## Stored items
Segment Open
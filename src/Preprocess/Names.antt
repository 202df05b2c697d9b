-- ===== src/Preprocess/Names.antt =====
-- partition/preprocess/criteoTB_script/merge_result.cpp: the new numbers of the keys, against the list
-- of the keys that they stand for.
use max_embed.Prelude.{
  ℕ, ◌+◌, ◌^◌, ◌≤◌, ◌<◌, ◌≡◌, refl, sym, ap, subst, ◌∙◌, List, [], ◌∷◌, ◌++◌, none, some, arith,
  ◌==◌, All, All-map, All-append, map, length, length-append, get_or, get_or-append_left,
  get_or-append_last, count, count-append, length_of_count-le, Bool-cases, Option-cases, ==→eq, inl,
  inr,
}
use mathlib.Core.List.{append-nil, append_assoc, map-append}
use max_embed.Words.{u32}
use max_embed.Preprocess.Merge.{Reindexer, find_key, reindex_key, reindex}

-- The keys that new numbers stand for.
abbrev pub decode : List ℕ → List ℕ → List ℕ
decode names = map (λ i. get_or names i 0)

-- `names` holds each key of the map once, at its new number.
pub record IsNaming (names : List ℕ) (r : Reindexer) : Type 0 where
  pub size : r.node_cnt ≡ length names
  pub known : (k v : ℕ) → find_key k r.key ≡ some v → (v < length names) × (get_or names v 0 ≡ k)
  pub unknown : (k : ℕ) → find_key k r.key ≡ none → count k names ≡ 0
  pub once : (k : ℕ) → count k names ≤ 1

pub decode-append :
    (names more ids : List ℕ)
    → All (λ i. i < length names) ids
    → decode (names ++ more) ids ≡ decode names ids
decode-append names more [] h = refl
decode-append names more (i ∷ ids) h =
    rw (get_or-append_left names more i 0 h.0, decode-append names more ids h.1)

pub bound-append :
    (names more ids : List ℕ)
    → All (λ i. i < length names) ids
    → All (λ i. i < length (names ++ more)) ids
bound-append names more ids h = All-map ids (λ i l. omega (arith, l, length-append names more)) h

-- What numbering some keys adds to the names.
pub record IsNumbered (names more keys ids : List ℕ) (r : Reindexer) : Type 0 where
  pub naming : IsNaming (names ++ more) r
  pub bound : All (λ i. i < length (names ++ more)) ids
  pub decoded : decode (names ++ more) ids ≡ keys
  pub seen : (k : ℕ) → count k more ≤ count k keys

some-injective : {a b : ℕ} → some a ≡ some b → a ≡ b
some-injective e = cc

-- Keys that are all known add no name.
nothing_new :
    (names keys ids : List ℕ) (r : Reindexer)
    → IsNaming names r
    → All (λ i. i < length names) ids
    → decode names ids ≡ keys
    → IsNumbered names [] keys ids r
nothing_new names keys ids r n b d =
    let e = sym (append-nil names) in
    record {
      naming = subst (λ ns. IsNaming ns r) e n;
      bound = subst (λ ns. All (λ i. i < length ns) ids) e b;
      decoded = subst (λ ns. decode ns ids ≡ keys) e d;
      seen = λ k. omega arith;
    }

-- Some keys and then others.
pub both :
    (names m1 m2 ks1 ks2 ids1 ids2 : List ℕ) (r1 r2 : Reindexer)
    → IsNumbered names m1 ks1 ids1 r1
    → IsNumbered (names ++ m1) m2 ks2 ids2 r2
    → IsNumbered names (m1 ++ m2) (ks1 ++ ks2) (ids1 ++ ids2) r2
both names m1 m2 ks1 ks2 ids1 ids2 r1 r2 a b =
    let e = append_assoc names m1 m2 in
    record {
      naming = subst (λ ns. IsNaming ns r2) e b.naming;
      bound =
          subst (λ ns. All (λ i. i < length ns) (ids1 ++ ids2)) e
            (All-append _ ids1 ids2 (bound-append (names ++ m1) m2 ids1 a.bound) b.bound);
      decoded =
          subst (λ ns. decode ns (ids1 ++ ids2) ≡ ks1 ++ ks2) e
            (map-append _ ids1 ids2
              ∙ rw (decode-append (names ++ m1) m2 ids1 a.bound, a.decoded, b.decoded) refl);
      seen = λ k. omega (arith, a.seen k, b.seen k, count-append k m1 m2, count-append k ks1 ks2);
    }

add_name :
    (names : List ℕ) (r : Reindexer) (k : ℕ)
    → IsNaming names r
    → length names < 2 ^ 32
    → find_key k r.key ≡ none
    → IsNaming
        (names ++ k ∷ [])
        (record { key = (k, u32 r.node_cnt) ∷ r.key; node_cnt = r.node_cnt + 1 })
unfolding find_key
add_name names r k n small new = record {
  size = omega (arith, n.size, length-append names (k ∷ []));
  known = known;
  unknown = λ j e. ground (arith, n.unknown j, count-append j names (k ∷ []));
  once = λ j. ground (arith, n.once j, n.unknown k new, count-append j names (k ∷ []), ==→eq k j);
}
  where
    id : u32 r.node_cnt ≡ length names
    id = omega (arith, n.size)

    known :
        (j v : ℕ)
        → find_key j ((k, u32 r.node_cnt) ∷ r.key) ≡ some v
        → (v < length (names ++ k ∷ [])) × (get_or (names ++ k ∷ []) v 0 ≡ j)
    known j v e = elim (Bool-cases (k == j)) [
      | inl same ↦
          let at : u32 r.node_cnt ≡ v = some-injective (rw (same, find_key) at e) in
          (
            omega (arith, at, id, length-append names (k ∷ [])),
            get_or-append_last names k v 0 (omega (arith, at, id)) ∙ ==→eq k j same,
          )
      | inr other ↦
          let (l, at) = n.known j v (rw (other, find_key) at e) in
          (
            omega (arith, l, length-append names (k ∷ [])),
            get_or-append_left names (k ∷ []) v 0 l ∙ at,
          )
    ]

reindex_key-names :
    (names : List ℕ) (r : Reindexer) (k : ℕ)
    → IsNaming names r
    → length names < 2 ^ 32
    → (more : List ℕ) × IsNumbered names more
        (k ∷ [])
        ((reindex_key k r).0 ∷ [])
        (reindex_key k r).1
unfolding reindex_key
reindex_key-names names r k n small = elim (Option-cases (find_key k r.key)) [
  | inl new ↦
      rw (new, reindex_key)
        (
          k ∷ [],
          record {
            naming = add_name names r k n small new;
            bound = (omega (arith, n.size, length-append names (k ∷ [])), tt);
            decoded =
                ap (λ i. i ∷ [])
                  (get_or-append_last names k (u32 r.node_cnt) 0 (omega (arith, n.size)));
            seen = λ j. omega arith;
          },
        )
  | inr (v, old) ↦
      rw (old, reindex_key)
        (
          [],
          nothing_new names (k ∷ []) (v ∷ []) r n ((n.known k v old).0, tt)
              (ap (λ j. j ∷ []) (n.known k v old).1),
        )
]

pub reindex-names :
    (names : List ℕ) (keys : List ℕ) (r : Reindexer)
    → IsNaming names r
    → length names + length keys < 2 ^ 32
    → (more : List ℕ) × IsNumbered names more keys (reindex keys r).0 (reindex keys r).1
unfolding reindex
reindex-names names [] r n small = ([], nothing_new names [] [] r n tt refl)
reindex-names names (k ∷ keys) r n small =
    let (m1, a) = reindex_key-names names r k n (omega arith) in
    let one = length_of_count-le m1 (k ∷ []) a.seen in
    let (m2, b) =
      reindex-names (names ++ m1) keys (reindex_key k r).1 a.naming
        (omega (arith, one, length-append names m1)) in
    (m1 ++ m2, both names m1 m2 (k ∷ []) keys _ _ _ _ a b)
Segment Closed
## What the task asks
Keeping every word in place, restate the entries above.

## Reply to the task
filename src/Preprocess/Names.antt
repository 202df05b2c697d9b
-- ===== src/Preprocess/Names.antt =====
-- partition/preprocess/criteoTB_script/merge_result.cpp: the new numbers of the keys, against the list
-- of the keys that they stand for.
use max_embed.Prelude.{
  ℕ, ◌+◌, ◌^◌, ◌≤◌, ◌<◌, ◌≡◌, refl, sym, ap, subst, ◌∙◌, List, [], ◌∷◌, ◌++◌, none, some, arith,
  ◌==◌, All, All-map, All-append, map, length, length-append, get_or, get_or-append_left,
  get_or-append_last, count, count-append, length_of_count-le, Bool-cases, Option-cases, ==→eq, inl,
  inr,
}
use mathlib.Core.List.{append-nil, append_assoc, map-append}
use max_embed.Words.{u32}
use max_embed.Preprocess.Merge.{Reindexer, find_key, reindex_key, reindex}

-- The keys that new numbers stand for.
abbrev pub decode : List ℕ → List ℕ → List ℕ
decode names = map (λ i. get_or names i 0)

-- `names` holds each key of the map once, at its new number.
pub record IsNaming (names : List ℕ) (r : Reindexer) : Type 0 where
  pub size : r.node_cnt ≡ length names
  pub known : (k v : ℕ) → find_key k r.key ≡ some v → (v < length names) × (get_or names v 0 ≡ k)
  pub unknown : (k : ℕ) → find_key k r.key ≡ none → count k names ≡ 0
  pub once : (k : ℕ) → count k names ≤ 1

pub decode-append :
    (names more ids : List ℕ)
    → All (λ i. i < length names) ids
    → decode (names ++ more) ids ≡ decode names ids
decode-append names more [] h = refl
decode-append names more (i ∷ ids) h =
    rw (get_or-append_left names more i 0 h.0, decode-append names more ids h.1)

pub bound-append :
    (names more ids : List ℕ)
    → All (λ i. i < length names) ids
    → All (λ i. i < length (names ++ more)) ids
bound-append names more ids h = All-map ids (λ i l. omega (arith, l, length-append names more)) h

-- What numbering some keys adds to the names.
pub record IsNumbered (names more keys ids : List ℕ) (r : Reindexer) : Type 0 where
  pub naming : IsNaming (names ++ more) r
  pub bound : All (λ i. i < length (names ++ more)) ids
  pub decoded : decode (names ++ more) ids ≡ keys
  pub seen : (k : ℕ) → count k more ≤ count k keys

some-injective : {a b : ℕ} → some a ≡ some b → a ≡ b
some-injective e = cc

-- Keys that are all known add no name.
nothing_new :
    (names keys ids : List ℕ) (r : Reindexer)
    → IsNaming names r
    → All (λ i. i < length names) ids
    → decode names ids ≡ keys
    → IsNumbered names [] keys ids r
nothing_new names keys ids r n b d =
    let e = sym (append-nil names) in
    record {
      naming = subst (λ ns. IsNaming ns r) e n;
      bound = subst (λ ns. All (λ i. i < length ns) ids) e b;
      decoded = subst (λ ns. decode ns ids ≡ keys) e d;
      seen = λ k. omega arith;
    }

-- Some keys and then others.
pub both :
    (names m1 m2 ks1 ks2 ids1 ids2 : List ℕ) (r1 r2 : Reindexer)
    → IsNumbered names m1 ks1 ids1 r1
    → IsNumbered (names ++ m1) m2 ks2 ids2 r2
    → IsNumbered names (m1 ++ m2) (ks1 ++ ks2) (ids1 ++ ids2) r2
both names m1 m2 ks1 ks2 ids1 ids2 r1 r2 a b =
    let e = append_assoc names m1 m2 in
    record {
      naming = subst (λ ns. IsNaming ns r2) e b.naming;
      bound =
          subst (λ ns. All (λ i. i < length ns) (ids1 ++ ids2)) e
            (All-append _ ids1 ids2 (bound-append (names ++ m1) m2 ids1 a.bound) b.bound);
      decoded =
          subst (λ ns. decode ns (ids1 ++ ids2) ≡ ks1 ++ ks2) e
            (map-append _ ids1 ids2
              ∙ rw (decode-append (names ++ m1) m2 ids1 a.bound, a.decoded, b.decoded) refl);
      seen = λ k. omega (arith, a.seen k, b.seen k, count-append k m1 m2, count-append k ks1 ks2);
    }

add_name :
    (names : List ℕ) (r : Reindexer) (k : ℕ)
    → IsNaming names r
    → length names < 2 ^ 32
    → find_key k r.key ≡ none
    → IsNaming
        (names ++ k ∷ [])
        (record { key = (k, u32 r.node_cnt) ∷ r.key; node_cnt = r.node_cnt + 1 })
unfolding find_key
add_name names r k n small new = record {
  size = omega (arith, n.size, length-append names (k ∷ []));
  known = known;
  unknown = λ j e. ground (arith, n.unknown j, count-append j names (k ∷ []));
  once = λ j. ground (arith, n.once j, n.unknown k new, count-append j names (k ∷ []), ==→eq k j);
}
  where
    id : u32 r.node_cnt ≡ length names
    id = omega (arith, n.size)

    known :
        (j v : ℕ)
        → find_key j ((k, u32 r.node_cnt) ∷ r.key) ≡ some v
        → (v < length (names ++ k ∷ [])) × (get_or (names ++ k ∷ []) v 0 ≡ j)
    known j v e = elim (Bool-cases (k == j)) [
      | inl same ↦
          let at : u32 r.node_cnt ≡ v = some-injective (rw (same, find_key) at e) in
          (
            omega (arith, at, id, length-append names (k ∷ [])),
            get_or-append_last names k v 0 (omega (arith, at, id)) ∙ ==→eq k j same,
          )
      | inr other ↦
          let (l, at) = n.known j v (rw (other, find_key) at e) in
          (
            omega (arith, l, length-append names (k ∷ [])),
            get_or-append_left names (k ∷ []) v 0 l ∙ at,
          )
    ]

reindex_key-names :
    (names : List ℕ) (r : Reindexer) (k : ℕ)
    → IsNaming names r
    → length names < 2 ^ 32
    → (more : List ℕ) × IsNumbered names more
        (k ∷ [])
        ((reindex_key k r).0 ∷ [])
        (reindex_key k r).1
unfolding reindex_key
reindex_key-names names r k n small = elim (Option-cases (find_key k r.key)) [
  | inl new ↦
      rw (new, reindex_key)
        (
          k ∷ [],
          record {
            naming = add_name names r k n small new;
            bound = (omega (arith, n.size, length-append names (k ∷ [])), tt);
            decoded =
                ap (λ i. i ∷ [])
                  (get_or-append_last names k (u32 r.node_cnt) 0 (omega (arith, n.size)));
            seen = λ j. omega arith;
          },
        )
  | inr (v, old) ↦
      rw (old, reindex_key)
        (
          [],
          nothing_new names (k ∷ []) (v ∷ []) r n ((n.known k v old).0, tt)
              (ap (λ j. j ∷ []) (n.known k v old).1),
        )
]

pub reindex-names :
    (names : List ℕ) (keys : List ℕ) (r : Reindexer)
    → IsNaming names r
    → length names + length keys < 2 ^ 32
    → (more : List ℕ) × IsNumbered names more keys (reindex keys r).0 (reindex keys r).1
unfolding reindex
reindex-names names [] r n small = ([], nothing_new names [] [] r n tt refl)
reindex-names names (k ∷ keys) r n small =
    let (m1, a) = reindex_key-names names r k n (omega arith) in
    let one = length_of_count-le m1 (k ∷ []) a.seen in
    let (m2, b) =
      reindex-names (names ++ m1) keys (reindex_key k r).1 a.naming
        (omega (arith, one, length-append names m1)) in
    (m1 ++ m2, both names m1 m2 (k ∷ []) keys _ _ _ _ a b)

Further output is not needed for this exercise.